Amber's Abode

stuck in a moment

Okay, so this might turn into more rant than I mean it to be.  So fair warning.  And it's not directed at anyone in particular, but maybe at a nebulous group of people.  It's meant to be more of an update on where I am and why I haven't written anything in forever or communicated with those of you who are used to regularly communicating with me.

The easiest way to describe it would be to borrow from the song lyrics of U2.  I'm stuck in a moment.  Actually a collection of moments, but the concept is the same.  Now before I go explaining a little bit more, I would like to say to that nebulous group of people:

I CAN NOT JUST SNAP OUT OF IT!  IF I COULD, I WOULD'VE ALREADY, BECAUSE THIS REALLY SUCKS!  AND FOR THE FEW WHO CHOSE TO COMMENT FURTHER IN THEIR ADVICE, I AM NOT LAZY, AND I REALLY DO WANT TO CHANGE THINGS, LIKE WITH SCHOOL OR A JOB, BUT I LACK THE ENERGY RIGHT NOW.  HOWEVER THIS IS REAL.  I AM NOT MAKING IT UP AND IT'S WHERE I AM RIGHT NOW.  THERE IS NO JUST GET OVER IT, SO IF THAT'S ALL YOU FEEL COMPELLED TO SAY, PLEASE DO NOT WRITE OR CALL!

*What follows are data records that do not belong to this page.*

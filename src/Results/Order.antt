-- ===== src/Results/Order.antt =====
-- The jobs of a batch: all words are hashed before results are generated, and the results of every word
-- before those of the documents are collected.
use sigmod_programming_conte.Base.{
  ℕ, zero, suc, ◌+◌, ◌-◌, ◌≤◌, ◌<◌, ◌≡◌, refl, ap, true, ◌&&◌, List, [], ◌∷◌, ◌++◌, ◌==◌,
  if◌then◌else◌, to_nat, arith, count, Bool-cases, inl, inr, ==→eq,
}
use sigmod_programming_conte.Base.Bits.{passes, passes_at}
use sigmod_programming_conte.Jobs.Defs.{
  Job, job_gen_hashes, job_gen_hashes_token, job_gen_res, job_generate_res, stop_job, job_run,
  job_barrier, job_dedup, job_match_prune_qd3, job_match_prune_qd2, job_match_prune_qd1,
  job_match_prune_qd0, job_match_prune1,
}
use sigmod_programming_conte.Jobs.Split.{split, split_from}
use sigmod_programming_conte.Jobs.Scheduler.{JobScheduler}
use sigmod_programming_conte.Jobs.Fetch.{IsCounted, schedule_lem}
use sigmod_programming_conte.Results.Schedule.{gen_hashes_list, split_gen_hashes}

-- How often a list has the hashing job of length `i` with `j` bytes left out, and that of the query words.
abbrev pub hash_jobs : ℕ → ℕ → List Job → ℕ
hash_jobs i j [] = 0
hash_jobs i j (job_gen_hashes length_ sec ∷ jobs) =
    to_nat (i == length_ && j == sec) + hash_jobs i j jobs
hash_jobs i j (_ ∷ jobs) = hash_jobs i j jobs

abbrev pub token_jobs : ℕ → List Job → ℕ
token_jobs i [] = 0
token_jobs i (job_gen_hashes_token length_ sec ∷ jobs) =
    to_nat (i == length_ && 0 == sec) + token_jobs i jobs
token_jobs i (_ ∷ jobs) = token_jobs i jobs

once_table : passes (λ i. passes (λ j. hash_jobs i (j + 1) gen_hashes_list == 1) 3) 28 ≡ true
unfolding passes gen_hashes_list
once_table = refl

token_table : passes (λ i. token_jobs i gen_hashes_list == 1) 28 ≡ true
unfolding passes gen_hashes_list
token_table = refl

-- `SplitGenHashes` adds a list of jobs at the end of the queue in which, for each of the 28 lengths, the job that
-- hashes the document words with one, two and three bytes left out, and the job for the query words, stand exactly once each.
pub split_gen_hashes_lem :
    (js : JobScheduler) (i j : ℕ)
    → IsCounted js
    → i < 28
    → 1 ≤ j
    → j ≤ 3
    → (jobs : List Job) × ((split_gen_hashes js).jobs_queue ≡ js.jobs_queue ++ jobs)
      × (hash_jobs i j jobs ≡ 1)
      × (token_jobs i jobs ≡ 1)
unfolding split_gen_hashes
split_gen_hashes_lem js i j counted hi low high =
    let row =
      passes_at (λ i. passes (λ j. hash_jobs i (j + 1) gen_hashes_list == 1) 3) 28 i hi
        once_table in
    let at_j =
      passes_at (λ j. hash_jobs i (j + 1) gen_hashes_list == 1) 3 (j - 1) (omega arith) row in
    let same : j - 1 + 1 ≡ j = omega arith in
    (
      gen_hashes_list,
      (schedule_lem gen_hashes_list js counted).0,
      rw same at (==→eq _ 1 at_j),
      ==→eq _ 1 (passes_at (λ i. token_jobs i gen_hashes_list == 1) 28 i hi token_table),
    )

-- The ranges of the jobs that generate the results of the words at place `x` of `wordbatchv`.
abbrev pub ranges : ℕ → List Job → List (ℕ × ℕ)
ranges x [] = []
ranges x (job_gen_res start finish length_ ∷ jobs) =
    let rest = ranges x jobs in if x == length_ then (start, finish) ∷ rest else rest
ranges x (_ ∷ jobs) = ranges x jobs

pub ranges-append :
    (x : ℕ) (jobs more : List Job) → ranges x (jobs ++ more) ≡ ranges x jobs ++ ranges x more
ranges-append x [] more = refl
ranges-append x (job_gen_res start finish length_ ∷ jobs) more = elim (Bool-cases (x == length_)) [
  | inl e ↦ rw e (ap (λ l. (start, finish) ∷ l) (ranges-append x jobs more))
  | inr e ↦ rw e (ranges-append x jobs more)
]
ranges-append x (stop_job ∷ jobs) more = ranges-append x jobs more
ranges-append x (job_run ∷ jobs) more = ranges-append x jobs more
ranges-append x (job_barrier count ∷ jobs) more = ranges-append x jobs more
ranges-append x (job_dedup dn doc_id spot ∷ jobs) more = ranges-append x jobs more
ranges-append x (job_gen_hashes l sec ∷ jobs) more = ranges-append x jobs more
ranges-append x (job_gen_hashes_token l sec ∷ jobs) more = ranges-append x jobs more
ranges-append x (job_match_prune_qd3 q d s e ∷ jobs) more = ranges-append x jobs more
ranges-append x (job_match_prune_qd2 q d s e ∷ jobs) more = ranges-append x jobs more
ranges-append x (job_match_prune_qd1 q d s e ∷ jobs) more = ranges-append x jobs more
ranges-append x (job_match_prune_qd0 q d s e ∷ jobs) more = ranges-append x jobs more
ranges-append x (job_match_prune1 q d s e ∷ jobs) more = ranges-append x jobs more
ranges-append x (job_generate_res document ∷ jobs) more = ranges-append x jobs more

abbrev pub gen_res : ℕ → ℕ → ℕ → Job
gen_res l start finish = job_gen_res start finish l

ranges-split_from :
    (x l wpj size fuel k : ℕ)
    → ranges x (split_from (gen_res l) wpj size fuel k)
      ≡ (if x == l then split_from (λ a b. (a, b)) wpj size fuel k else [])
unfolding split_from
ranges-split_from x l wpj size zero k = ground arith
ranges-split_from x l wpj size (suc fuel) k =
    ground (arith, ranges-split_from x l wpj size fuel (k + wpj))

pub ranges-split :
    (x l wpj size : ℕ)
    → ranges x (split (gen_res l) wpj size)
      ≡ (if x == l then split (λ a b. (a, b)) wpj size else [])
unfolding split
ranges-split x l wpj size = ranges-split_from x l wpj size size 0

Now for the rest of you who genuinely are caring and concerned.  I am depressed, but now I have also been diagnosed with anxiety disorder.  I am not medicated yet because they're trying to figure out what medicines will work for me.  What this means from a practical standpoint for me right now is that anything that requires outside stimulus triggers an adrenaline response.  So for three weeks solid, since my first recently documented anxiety attack, there has been adrenaline running through my system, at various levels, but always there.  So even when very little is going on, the phone rings for example, I get startled and scared.  Adrenaline level up.  And if I actually answer the phone and it is something stressful like a friend going through a divorce needing help or a friend trying to get me to come out and dance or sing when I don't feel equipped to be adequate in any of the above situations, (hugs and apologies to Nick and Incoded) or so-called family that calls and shows up in five minutes without warning, then the adrenaline level go way way up and I get dizzy and actually sick to my stomach.  I have lost its entire contents on the bus, in public, and at home, multiple times recently.  Very embarrassing.  I also really honestly very tired.  Pretty much all the time.

Even things that I used to love, like poker and karaoke, I avoid.  This is scary to me, because I'm usually very very social.  But now I really don't like people.  And the shallow people of poker are especially annoying.  I've been making myself go at least once a week anyway because right now the monthly prize is a really big Fred Meyer gift card, which I really really need right now.  But after this month, I imagine that will stop as well, at least until they get some medicine figured out.

Right now the only three activities that don't trigger adrenaline responses and/or extreme amounts of pain are sleeping, reading, and watching TV or a movie.  So I've been doing a lot of that.  There are days when I don't even turn on my computer.  But I have discovered what I will get with my Christmas money, if I get any.  It's called a Kindle by Amazon.  It's an e-book reader, but you don't have to have a computer.  It's wireless, and the screen is free of glare.  It's amazing.  The screen actually looks like paper.  And the buttons are easy to push.  I actually got to try one at my friend Patti's apartment.  I'm grateful for her.  She moved in here last weekend with similar disabilities to me and she can hear and she is younger than most here and likes to play video games and read.  So I can go down to her apartment sometimes when I get really lonely.  But anyway, the current Kindle costs like $350, so I will be waiting a while saving up, but she says she will try to help me write a grant for it or something.  So we will see.

Anyway, they just gave me my sleeping medicine, so I'm going to go try to sleep.  Pretty much impossible at night because my brain won't shut up.  I will try to be better about contact, but please be patient.  I know I will eventually get through this, but for right now, all I can do is ride it out.  I am one of the ones that was very excited at the history making presidential election, but it still remains to be seen whether he can keep his promises, and even if he does, it's not going to affect my life in particular for a little while.  Still I feel American more now somehow.  Like for whatever reason I'm more engaged in the process.

I have to wonder though, I wonder if he too will need Ativan soon.  :-).